A passion shared by both Mick Jagger and Keith Richards helped kindle the start of their friendship and ultimately the band.
The Rolling Stones‘ frontman and guitarist have enjoyed a close relationship for years. While it hasn’t been without its highs and lows, the pair has stuck together for decades and are still collaborating today. The longevity of their friendship is built on a simple, shared passion, according to Jagger. The veteran frontman says it’s all down to a love of music, obvious that may be, but specifically the rhythm and blues. While The Rolling Stones would create plenty in that genre, the rarity of the records Richards and Jagger would share with one another kindled what would become as famous a songwriting partnership as John Lennon and Paul McCartney.
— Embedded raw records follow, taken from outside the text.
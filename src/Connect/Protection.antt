-- ===== src/Connect/Protection.antt =====
-- On what a connection without protection rests (`parse_tls_verification` and `try_from`).
use mathlib.Core.Path.{subst}
use stackable_odbc_trino.Base.{
  ◌≡◌, refl, sym, ap, ◌∙◌, ◌↔◌, Bool, true, false, ◌||◌, Option, none, some, arith,
}
use stackable_odbc_trino.Base.Outcome.{ok}
use stackable_odbc_trino.Base.Fallible.{get_or}
use stackable_odbc_trino.Base.Text.{Text, codes, eq_text}
use stackable_odbc_trino.Base.Text.Case.{lower, eq_ignore_ascii_case}
use stackable_odbc_trino.Connect.Keywords.{
  Keyword, key, ConnectParams, Crates, param_protocol, param_tls_verify, param_ssl_verification,
}
use stackable_odbc_trino.Connect.Values.{
  TlsVerification, parse_one, eq_tls, agreed, parse_tls_verification,
}
use stackable_odbc_trino.Connect.Stages.{is_some, Transport, read_transport, read_protocol}
use stackable_odbc_trino.Connect.Accepted.{WasRead, try_from-WasRead}
use stackable_odbc_trino.Connect.Params.{TrinoConnectParams, assemble, try_from}

-- The words that turn the verification off.
abbrev pub says_off : Text → Bool
says_off v = eq_ignore_ascii_case v (codes "false") || eq_ignore_ascii_case v (codes "none")

-- `TlsVerify` and `SSLVerification` are one setting under two names: given both, the result is what
-- both say, and two different settings are refused.
pub parse_tls_verification_agrees :
    (a b : Text) (t : TlsVerification)
    → (parse_tls_verification (some a) (some b) ≡ ok t)
      ↔ ((parse_one param_tls_verify a ≡ ok t) × (parse_one param_ssl_verification b ≡ ok t))
unfolding parse_tls_verification agreed eq_tls
parse_tls_verification_agrees a b TlsVerification.full =
    (λ h. ground arith, λ (ha, hb). ground arith)
parse_tls_verification_agrees a b TlsVerification.ca_only =
    (λ h. ground arith, λ (ha, hb). ground arith)
parse_tls_verification_agrees a b TlsVerification.no_verification =
    (λ h. ground arith, λ (ha, hb). ground arith)

parse_one_off :
    (k : Keyword) (v : Text)
    → parse_one k v ≡ ok TlsVerification.no_verification
    → says_off v ≡ true
unfolding parse_one
parse_one_off k v h = ground arith

says_off_given :
    (v w : Text) → says_off v ≡ true → ◌≡◌ {A = Option Text} (some v) (some w) → says_off w ≡ true
says_off_given v w off e = let same : v ≡ w = cc in subst (λ t. says_off t ≡ true) same off

-- Every setting that is given says off, and one is given.
abbrev pub TurnedOff : Option Text → Option Text → Type 0
TurnedOff a b =
    ((v : Text) → a ≡ some v → says_off v ≡ true)
    × ((v : Text) → b ≡ some v → says_off v ≡ true)
    × (is_some a || is_some b ≡ true)

parse_tls_verification-TurnedOff :
    (a b : Option Text)
    → parse_tls_verification a b ≡ ok TlsVerification.no_verification
    → TurnedOff a b
unfolding parse_tls_verification
parse_tls_verification-TurnedOff none none h = cc
parse_tls_verification-TurnedOff (some v) none h =
    let off = parse_one_off param_tls_verify v h in
    (λ w e. says_off_given v w off e, λ w e. cc, refl)
parse_tls_verification-TurnedOff none (some v) h =
    let off = parse_one_off param_ssl_verification v h in
    (λ w e. cc, λ w e. says_off_given v w off e, refl)
parse_tls_verification-TurnedOff (some a) (some b) h =
    let (ha, hb) = (parse_tls_verification_agrees a b TlsVerification.no_verification).0 h in
    (
      λ w e. says_off_given a w (parse_one_off param_tls_verify a ha) e,
      λ w e. says_off_given b w (parse_one_off param_ssl_verification b hb) e,
      refl,
    )

read_transport-TurnedOff :
    (params : ConnectParams) {t : Transport}
    → read_transport params ≡ ok t
    → t.tls_verification ≡ TlsVerification.no_verification
    → TurnedOff (params.get (key param_tls_verify)) (params.get (key param_ssl_verification))
unfolding read_transport
read_transport-TurnedOff params h n =
    parse_tls_verification-TurnedOff (params.get (key param_tls_verify))
      (params.get (key param_ssl_verification)) (ground arith)

-- The protocol, which is https when none is given, was asked to be http.
abbrev pub AskedPlain : Option Text → Type 0
AskedPlain o = (v : Text) × (o ≡ some v) × (eq_ignore_ascii_case v (codes "http") ≡ true)

get_or-AskedPlain :
    (o : Option Text)
    → eq_ignore_ascii_case (get_or o (codes "https")) (codes "http") ≡ true
    → AskedPlain o
unfolding eq_ignore_ascii_case lower eq_text
get_or-AskedPlain none h = cc
get_or-AskedPlain (some v) h = (v, refl, h)

read_transport-AskedPlain :
    (params : ConnectParams) {t : Transport}
    → read_transport params ≡ ok t
    → t.secure ≡ false
    → AskedPlain (params.get (key param_protocol))
unfolding read_transport read_protocol
read_transport-AskedPlain params h n =
    get_or-AskedPlain (params.get (key param_protocol)) (ground arith)

module _ (x : Crates) where
  -- The transport that was read is the one in the record.
  assemble_transport :
      (params : ConnectParams) (c : TrinoConnectParams x) (r : WasRead x params c)
      → (c.secure ≡ r.transport.secure) × (c.tls_verification ≡ r.transport.tls_verification)
  unfolding assemble
  assemble_transport params c r =
      (ap (λ k. k.secure) (sym r.assembled), ap (λ k. k.tls_verification) (sym r.assembled))

  -- No accepted connection is without protection unless its string says so in words: plain HTTP only
  -- if the protocol is given as http, and no verification only if one of its two keywords is given and
  -- each that is given says so. Without these keywords a connection is encrypted and verified.
  pub try_from_protected :
      (params : ConnectParams) {c : TrinoConnectParams x}
      → try_from x params ≡ ok c
      → (c.secure ≡ false → AskedPlain (params.get (key param_protocol)))
        × (c.tls_verification ≡ TlsVerification.no_verification
            → TurnedOff
                (params.get (key param_tls_verify))
                (params.get (key param_ssl_verification)))
  try_from_protected params {c} h =
      let r = try_from-WasRead x params {c = c} h in
      let (secure, verification) = assemble_transport params c r in
      (
        λ plain.
            read_transport-AskedPlain params {t = r.transport} r.transport_read
              (sym secure ∙ plain),
        λ off.
            read_transport-TurnedOff params {t = r.transport} r.transport_read
              (sym verification ∙ off),
      )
Jagger shared as much about his decades-long friendship with Richards in an interview with Rolling Stone Magazine. He told founder Jann Wenner that the pair were destined to be in a band together as he naturally drifted toward singing, and Richards to the guitar. Jagger said: “Keith always played the guitar, even when he was five. And he was keen on country music, cowboys.
“But obviously at some point, Keith, he had this guitar with this electric guitar pickup. And he played it for me. So I said, ‘Well, I sing, you know? And you play the guitar.’ Very obvious stuff. I used to play Saturday night shows with all these different little groups.
“If I could get a show, I would do it. I used to do mad things – you know, I used to go and do these shows and go on my knees and roll on the ground – when I was fifteen, sixteen years old. And my parents were extremely disapproving of it all. Because it was just not done. This was for very low-class people, remember. Rock & roll singers weren’t educated people.”
But their relationship goes further back than that, way back to stamp collecting and schoolboy encounters for the two. Jagger added: “Keith and I went to different schools when we were 11, but he went to a school which was really near where I used to live. But I always knew where he lived, because my mother would never lose contact with anybody, and she knew where they’d moved.
“I used to see him coming home from his school, which was less than a mile away from where I lived. And then – this is a true story – we met at the train station. And I had these rhythm & blues records, which were very prized possessions because they weren’t available in England then. And he said, ‘Oh, yeah, these are really interesting.’ That kind of did it. That’s how it started, really.”
Music would be the difference maker in their friendship, with Jagger saying it is what attracted other friends into their circle. He added: “We started to go to each other’s house and play these records. And then we started to go to other people’s houses to play other records. You know, it’s the time in your life when you’re almost stamp-collecting this stuff.”